Can anyone comment? I know it's been a fairly known idea that if you see 'any' multipliers you should vulture the machine, but according to my analysis above, that is incorrect.
I'm currently working on what multipliers you'd need to see on 3 play, 5 play, and 10 play, in order to actually vulture.
I welcome and encourage the math minds to contribute their thoughts, either confirming my analysis above, or denying it and showing me why you should play a 10 play machine with a single 2x multiplier.
*for the record I have great great respect for CrystalMath and love the analysis he does, which is why I 100% blindly accepted this as fact upon first reading.Quote: CrystalMathYour post is full of great info. I just wanted to comment on the payback percentage. Even if you play a 10 play game and there is a single 2x multiplier on one hand, then your payback will be over 100%, just not much. If you find a mulitplier on a 3 play, then your lowest return on the worst paytable with only one 2x multiplier is 127%....
Well, my idea was: Why not play UltimateX and "vulture yourself." By this I mean play 10 coins, and as soon as you get a multiplier, then the next hand play it as though you were Vulturing it (5 coins). My initial idea was that the vulture opportunity was worth more than the expected loss of the originally played 10 coin hand. Well, let's do some initial math:
Playing single play dimes with a crappy ass pay table at my local casino:
House Edge (10 coin): .0422
Expected Return (10 coin): .9578
House Edge (5 coin): .0473
Expected Return (5 coin): .9527
I started to confuse myself with average multipliers, and a lot of numbers.
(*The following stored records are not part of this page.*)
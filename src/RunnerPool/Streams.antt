-- ===== src/RunnerPool/Streams.antt =====
-- internal/service/pool.go: sending to a runner, and the streams that go on after the call returns.
-- A stream holds the counter that it added to, from `ai.Add(1)` to `ai.Add(-1)`: until the send is
-- refused, or until `forwardStream` has passed on the last chunk.
pub mod Laws
pub mod Picks
pub mod Steps
use gen_runner.Registry.{Registry}
use gen_runner.RunnerPool.Probe.{Env}
use gen_runner.Prelude.{
  ℕ, zero, suc, ◌+◌, ◌-◌, ◌*◌, ◌/◌, ◌%◌, ◌^◌, ◌≤◌, ◌<◌, min, max, ◌≡◌, refl, sym, ap, ◌∙◌, subst,
  ◌≢◌, ◌↔◌, ◌⊎◌, inl, inr, Bool, true, false, not, ◌&&◌, ◌||◌, Option, none, some, List, [], ◌∷◌,
  ◌++◌, map, reverse, append_assoc, append-nil, arith, ltb, leb, ◌==◌, if◌then◌else◌, is_some,
  ltb→lt, lt→ltb, leb→le, le→leb, lt→leb_false, le→ltb_false, ==_iff, Bool-cases, Option-cases,
  List-cases, length, is_empty, get_elem?, set, take, drop, filter_by, all_by, All, is_empty-nil,
  length-append, length-reverse, length-map, length-set, take-append-drop, length-take, length-drop,
  take-append_left, drop-append_left, All-append, All-map_weaken, filter_by-All, filter_by-passes,
}
use gen_runner.Text.{Text, trim_space}
use gen_runner.RunnerPool.{
  Client, Pool, get_or_create_inflight, get_client, close, close_addr, load_counter, add_counter,
  sub_counter,
}
use gen_runner.RunnerPool.Pick.{pick_runner, Picked, picked, refused}
use gen_runner.RunnerPool.Probe.{Candidate}

pub record System : Type 0 where
  pub pool : Pool
  pub held : List ℕ

-- `ai.Add(1)`, of a stream that holds `ref` from then on.
unfoldable pub hold_counter : System → ℕ → System
hold_counter s ref = record { pool = add_counter s.pool ref; held = ref ∷ s.held }

-- `getOrCreateInflight` and `ai.Add(1)`.
unfoldable pub begin_stream : System → Text → System
begin_stream s addr =
    let (p, ref) = get_or_create_inflight s.pool addr in hold_counter (record s { pool = p }) ref

-- The held list without the first stream on a counter.
unfoldable pub release : ℕ → List ℕ → List ℕ
release ref [] = []
release ref (r ∷ rs) = let rest = release ref rs in if r == ref then rs else r ∷ rest

-- `ai.Add(-1)`, of a stream that holds `ref`.
unfoldable pub end_stream : System → ℕ → System
end_stream s ref = record { pool = sub_counter s.pool ref; held = release ref s.held }

-- `SendMessage`, `SendMessageWithRunnerToolAction`, `Embed` and `EmbedBatch`, from the pick on.
unfoldable pub send_picked : System → Pool × Picked → System
send_picked s (p, refused e) = record s { pool = p }
send_picked s (p, picked k) = begin_stream (record s { pool = p }) k.addr

-- The forms that name the runner.
unfoldable pub send_to_client : System → Text → Pool × Option Client → System
send_to_client s addr (p, none) = record s { pool = p }
send_to_client s addr (p, some c) = begin_stream (record s { pool = p }) addr

unfoldable pub send_on_runner : (Text → Bool) → System → Text → System
send_on_runner dial s runner_addr =
    let addr = trim_space runner_addr in
    if is_empty addr then s else send_to_client s addr (get_client dial s.pool addr)

-- What `WaitRunnerIdle` waits for, at one look, for an address that is not blank.
unfoldable pub runner_idle : Pool → Text → Bool
runner_idle p addr =
    let (p', ref) = get_or_create_inflight p (trim_space addr) in load_counter p' ref == 0

-- `WaitRunnerIdle` up to its first look; `none` is the error for a blank address.
unfoldable pub wait_runner_idle : Pool → Text → Option Bool
wait_runner_idle p addr = if is_empty (trim_space addr) then none else some (runner_idle p addr)

-- How many running streams hold a counter.
unfoldable pub count : ℕ → List ℕ → ℕ
count ref [] = 0
count ref (r ∷ rs) = let n = count ref rs in if r == ref then suc n else n

-- What may happen to the pool and its streams. `sends` and `picks` are whole calls. Other calls may
-- also stand between the parts of one: the parts are `chooses` or `connects`, then `looks`, which
-- gives a counter, and then `holds` for that counter, which stays in the store.
pub data Step : System → System → Type 0 where
  sends : (dial : Text → Bool) (s : System) (addr : Text) → Step s (send_on_runner dial s addr)
  picks :
      (first second_round : Env) (schedule : List Text → List Text) (now : ℕ) (registry : Registry)
      (model : Text) (s : System)
      → Step s (send_picked s (pick_runner first second_round schedule now registry model s.pool))
  chooses :
      (first second_round : Env) (schedule : List Text → List Text) (now : ℕ) (registry : Registry)
      (model : Text) (s : System)
      → Step s (record s {
        pool = (pick_runner first second_round schedule now registry model s.pool).0;
      })
  holds : (s : System) (ref : ℕ) → ref < length s.pool.counters → Step s (hold_counter s ref)
  ends : (s : System) (ref : ℕ) → 0 < count ref s.held → Step s (end_stream s ref)
  looks :
      (s : System) (addr : Text)
      → Step s (record s { pool = (get_or_create_inflight s.pool addr).0 })
  connects :
      (dial : Text → Bool) (s : System) (addr : Text)
      → Step s (record s { pool = (get_client dial s.pool addr).0 })
  closes : (s : System) → Step s (record s { pool = close s.pool })
  closes_addr : (s : System) (addr : Text) → Step s (record s { pool = close_addr s.pool addr })

pub data Reach (s : System) : System → Type 0 where
  here : Reach s s
  next : {t u : System} → Reach s t → Step t u → Reach s u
So what I did was break it down step by step in english, and then quantify the English statements with math.
1) Play first hand at 10 coins
ER = B10 - (B10*HE10) = $1 - (1*.0422) = 1 - .04 = .96
ER = .96, LOSS of .04
2) Play Second Hand
A) Without Multiplier
ER = B10 - (B10*HE10) = $1 - (1*.0422) = 1 - .04 = .96
ER = .96, LOSS of .04
B) With Multiplier
This was my original idea... Spoiler: It's flawed, but follow along.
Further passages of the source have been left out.